Cardiovascular disease is a leading cause of morbidity and mortality in adults with sickle cell disease (SCD), yet the mechanisms underlying SCD-associated cardiomyopathy remain unclear. Using a humanized mouse model of SCD, Federti et al demonstrated that cardiomyocyte dysfunction is driven by unresolved inflammation due to hypoxia/reoxygenation stress. Treatment with 17(R)-resolvin D1 effectively mitigates this dysfunction, supporting development of novel anti-inflammatory therapies aimed at reducing cardiovascular disease in patients with SCD.

Thrombomodulin (TM) is a transmembrane glycoprotein primarily expressed on the surface of endothelial cells that inhibits the procoagulant activity of thrombin while significantly enhancing the activation of protein C, a key anticoagulant enzyme, as well as thrombin activatable fibrinolysis inhibitor. These critical functions suggest that both quantitative and qualitative alterations in TM may contribute to bleeding or thrombotic disorders. Van Laer et al expressed and characterized 8 TM gene variants of uncertain significance identified in patients with venous thromboembolism (VTE) or bleeding. Two variants, L433P and C175S, demonstrated defective anticoagulant activity, supporting their potential pathogenic role in VTE.

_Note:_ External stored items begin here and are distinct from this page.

-- ===== src/Parser/Fits.antt =====
-- What every step of the parser keeps: the tables of fixed length are not filled beyond their
-- length, and a recorded error stays.
pub mod Names
pub mod Marks
use lua2wasm.Prelude.{
  sym, All, All-append, ◌⊎◌, ℕ, zero, suc, ◌+◌, ◌≤◌, ◌<◌, Bytes, equal, length, take, replicate,
  List, [], ◌∷◌, ◌++◌, Bool, true, false, leb, if◌then◌else◌, Option, none, some, ◌≡◌, refl, ◌∙◌,
  arith, Bool-cases, Option-cases, inl, inr,
}
use mathlib.Core.Path.{subst}
use lua2wasm.Parser.Ast.{LuaFunc, UpvalSource, UpvalueRef}
use lua2wasm.Parser.Scope.{
  FuncFrame, LocalSlot, decl_local, decl_global, decl_global_all, frame_init, frame_declare,
  frame_declare_global, frame_mark_last_const, set_last_attrib, frame_rewind, frame_add_upvalue,
  find_upvalue, max_locals_per_fn, max_upvals_per_fn,
}
use lua2wasm.Parser.State.{Parser, Complaint, is_ok}

-- Slots are handed out in order.
abbrev pub SlotBelow : ℕ → Option ℕ → Type 0
SlotBelow n none = Unit
SlotBelow n (some slot) = slot < n

abbrev pub SlotsBelow : ℕ → List LocalSlot → Type 0
SlotsBelow n ds = All (λ d. SlotBelow n d.slot) ds

-- A frame's arrays: declarations, upvalues, and the marks of captured slots; and its slots.
abbrev pub FrameFits : FuncFrame → Type 0
FrameFits f =
    (length f.locals ≤ 256)
    × (length f.upvalues ≤ 64)
    × (length f.captured ≡ 256)
    × SlotsBelow f.next_slot f.locals

abbrev pub AllFit : List FuncFrame → Type 0
AllFit [] = Unit
AllFit (f ∷ fs) = FrameFits f × AllFit fs

-- A function that was read: its upvalues, and a mark for each of its slots.
abbrev pub FuncFits : {F : Type 0} → LuaFunc F → Type 0
FuncFits fn = (length fn.upvalues ≤ 64) × (length fn.captured ≡ fn.n_locals) × (fn.n_locals ≤ 256)

abbrev pub Fits : {F : Type 0} → Parser F → Type 0
Fits p = FrameFits p.frame × AllFit p.outer × (length p.globals ≤ 256) × All FuncFits p.funcs

-- A function has used more slots than captured[] has marks.
abbrev pub AnyWide : List FuncFrame → Type 0
AnyWide [] = ⊥
AnyWide (f ∷ fs) = (256 < f.next_slot) ⊎ AnyWide fs

abbrev pub Wide : {F : Type 0} → Parser F → Type 0
Wide p = AnyWide (p.frame ∷ p.outer)

pub record Follows {F : Type 0} (p q : Parser F) : Type 0 where
  pub fits : Fits p → Fits q
  pub keeps : (e : ℕ × Complaint) → p.error ≡ some e → q.error ≡ some e

pub Follows-refl : {F : Type 0} (p : Parser F) → Follows p p
Follows-refl p = record { fits = λ h. h; keeps = λ e h. h }

pub Follows-trans : {F : Type 0} (p q r : Parser F) → Follows p q → Follows q r → Follows p r
Follows-trans p q r s t = record {
  fits = λ h. t.fits (s.fits h);
  keeps = λ e h. t.keeps e (s.keeps e h);
}

pub recorded :
    {F : Type 0} (p : Parser F) (e : ℕ × Complaint) → p.error ≡ some e → is_ok p ≡ true → ⊥
recorded p e g h = ground arith

length-set_last_attrib :
    (ds : List LocalSlot) (attrib : ℕ) → length (set_last_attrib ds attrib) ≡ length ds
unfolding set_last_attrib
length-set_last_attrib [] attrib = refl
length-set_last_attrib (d ∷ []) attrib = refl
length-set_last_attrib (d ∷ e ∷ ds) attrib =
    let ih = length-set_last_attrib (e ∷ ds) attrib in omega arith

pub length-snoc : {A : Type 0} (xs : List A) (x : A) → length (xs ++ x ∷ []) ≡ length xs + 1
length-snoc [] x = refl
length-snoc (y ∷ xs) x = let ih = length-snoc xs x in omega arith

length-take : {A : Type 0} (n : ℕ) (xs : List A) → length (take n xs) ≤ length xs
length-take zero xs = omega arith
length-take (suc n) [] = omega arith
length-take (suc n) (x ∷ xs) = let ih = length-take n xs in omega arith

pub length-take_exact : {A : Type 0} (n : ℕ) (xs : List A) → n ≤ length xs → length (take n xs) ≡ n
length-take_exact zero xs h = refl
length-take_exact (suc n) [] h = absurd (omega arith)
length-take_exact (suc n) (x ∷ xs) h = let ih = length-take_exact n xs (omega arith) in omega arith

pub frame_init-Fits : FrameFits frame_init
unfolding frame_init
frame_init-Fits = (omega arith, omega arith, refl, tt)

SlotBelow-suc : (n : ℕ) (slot : Option ℕ) → SlotBelow n slot → SlotBelow (n + 1) slot
SlotBelow-suc n none h = tt
SlotBelow-suc n (some slot) h = omega arith

SlotsBelow-suc : (n : ℕ) (ds : List LocalSlot) → SlotsBelow n ds → SlotsBelow (n + 1) ds
SlotsBelow-suc n [] h = tt
SlotsBelow-suc n (d ∷ ds) (first, h) = (SlotBelow-suc n d.slot first, SlotsBelow-suc n ds h)

SlotsBelow-snoc :
    (n : ℕ) (ds : List LocalSlot) (d : LocalSlot)
    → SlotsBelow n ds
    → SlotBelow n d.slot
    → SlotsBelow n (ds ++ d ∷ [])
SlotsBelow-snoc n ds d h g = All-append (λ e. SlotBelow n e.slot) ds (d ∷ []) h (g, tt)

SlotsBelow-take : (n k : ℕ) (ds : List LocalSlot) → SlotsBelow n ds → SlotsBelow n (take k ds)
SlotsBelow-take n zero ds h = tt
SlotsBelow-take n (suc k) [] h = tt
SlotsBelow-take n (suc k) (d ∷ ds) (first, h) = (first, SlotsBelow-take n k ds h)

SlotsBelow-set_last_attrib :
    (n attrib : ℕ) (ds : List LocalSlot)
    → SlotsBelow n ds
    → SlotsBelow n (set_last_attrib ds attrib)
unfolding set_last_attrib
SlotsBelow-set_last_attrib n attrib [] h = tt
SlotsBelow-set_last_attrib n attrib (d ∷ []) h = h
SlotsBelow-set_last_attrib n attrib (d ∷ e ∷ ds) (first, h) =
    (first, SlotsBelow-set_last_attrib n attrib (e ∷ ds) h)

pub frame_declare-Fits :
    (f : FuncFrame) (name : Bytes) → FrameFits f → FrameFits (frame_declare f name).0
unfolding frame_declare
frame_declare-Fits f name (l, u, c, s) =
    elim (Bool-cases (leb max_locals_per_fn (length f.locals))) [
      | inl e ↦ rw e (l, u, c, s)
      | inr e ↦
          let below =
            SlotsBelow-snoc (f.next_slot + 1) f.locals
              (record { name = name; slot = some f.next_slot; attrib = 0; kind = decl_local })
              (SlotsBelow-suc f.next_slot f.locals s) (omega arith) in
          let longer =
            length-snoc f.locals
              (record { name = name; slot = some f.next_slot; attrib = 0; kind = decl_local }) in
          rw e (ground arith, u, c, below)
    ]

pub frame_declare_global-Fits :
    (f : FuncFrame) (name : Option Bytes) (attrib : ℕ)
    → FrameFits f
    → FrameFits (frame_declare_global f name attrib).0
unfolding frame_declare_global
frame_declare_global-Fits f (some n) attrib (l, u, c, s) =
    elim (Bool-cases (leb max_locals_per_fn (length f.locals))) [
      | inl e ↦ rw e (l, u, c, s)
      | inr e ↦
          let d : LocalSlot = record {
            name = n;
            slot = none;
            attrib = attrib;
            kind = decl_global;
          } in
          let longer = length-snoc f.locals d in
          rw e (ground arith, u, c, SlotsBelow-snoc f.next_slot f.locals d s tt)
    ]
frame_declare_global-Fits f none attrib (l, u, c, s) =
    elim (Bool-cases (leb max_locals_per_fn (length f.locals))) [
      | inl e ↦ rw e (l, u, c, s)
      | inr e ↦
          let d : LocalSlot = record {
            name = [];
            slot = none;
            attrib = attrib;
            kind = decl_global_all;
          } in
          let longer = length-snoc f.locals d in
          rw e (ground arith, u, c, SlotsBelow-snoc f.next_slot f.locals d s tt)
    ]

pub set_last_attrib-Fits :
    (f : FuncFrame) (attrib : ℕ)
    → FrameFits f
    → FrameFits (record f { locals = set_last_attrib f.locals attrib })
set_last_attrib-Fits f attrib (l, u, c, s) =
    let same = length-set_last_attrib f.locals attrib in
    (omega arith, u, c, SlotsBelow-set_last_attrib f.next_slot attrib f.locals s)

pub frame_rewind-Fits : (f : FuncFrame) (mark : ℕ) → FrameFits f → FrameFits (frame_rewind f mark)
unfolding frame_rewind
frame_rewind-Fits f mark (l, u, c, s) =
    let less = length-take mark f.locals in
    (omega arith, u, c, SlotsBelow-take f.next_slot mark f.locals s)

pub frame_add_upvalue-Fits :
    (f : FuncFrame) (src : UpvalSource) (idx : ℕ)
    → FrameFits f
    → FrameFits (frame_add_upvalue f src idx).0
unfolding frame_add_upvalue
frame_add_upvalue-Fits f src idx (l, u, c, s) =
    let longer = length-snoc f.upvalues (record { src = src; idx = idx }) in
    let same_locals : (frame_add_upvalue f src idx).0.locals ≡ f.locals = ground arith in
    let same_slot : (frame_add_upvalue f src idx).0.next_slot ≡ f.next_slot = ground arith in
    (
      ground arith,
      ground arith,
      ground arith,
      subst (λ n. SlotsBelow n (frame_add_upvalue f src idx).0.locals) (sym same_slot)
          (subst (SlotsBelow f.next_slot) (sym same_locals) s),
    )

-- A change to other fields.
pub Follows-same :
    {F : Type 0} {p q : Parser F}
    → q.frame ≡ p.frame
    → q.outer ≡ p.outer
    → q.globals ≡ p.globals
    → q.funcs ≡ p.funcs
    → q.error ≡ p.error
    → Follows p q
Follows-same f o g fn e = record { fits = λ h. rw (f, o, g, fn) h; keeps = λ err h. e ∙ h }

-- A change to the innermost frame.
pub Follows-frame :
    {F : Type 0} {p q : Parser F}
    → (FrameFits p.frame → FrameFits q.frame)
    → q.outer ≡ p.outer
    → q.globals ≡ p.globals
    → q.funcs ≡ p.funcs
    → q.error ≡ p.error
    → Follows p q
Follows-frame f o g fn e = record {
  fits = λ h. (f h.0, rw o h.1, rw g h.2, rw fn h.3);
  keeps = λ err h. e ∙ h;
}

Apolipoprotein E (APOE) is a glycoprotein involved in metabolism, immune regulation, and neurodegenerative disease. In a retrospective analysis of 2 modern cohorts undergoing allogeneic hematopoietic cell transplantation for acute myeloid leukemia, Ronnacker et al report that patients carrying at least 1 APOE2 allele have an increased risk of posttransplant mortality, driven by higher rates of severe chronic graft-versus-host disease (GVHD) and nonrelapse death, while transplantation of APOE2-positive allografts is associated with elevated incidence of both acute and chronic GVHD and reduced overall survival. Further validation in a prospective study is essential to confirm these results and elucidate the biological mechanisms linking APOE variants to posttransplant outcomes.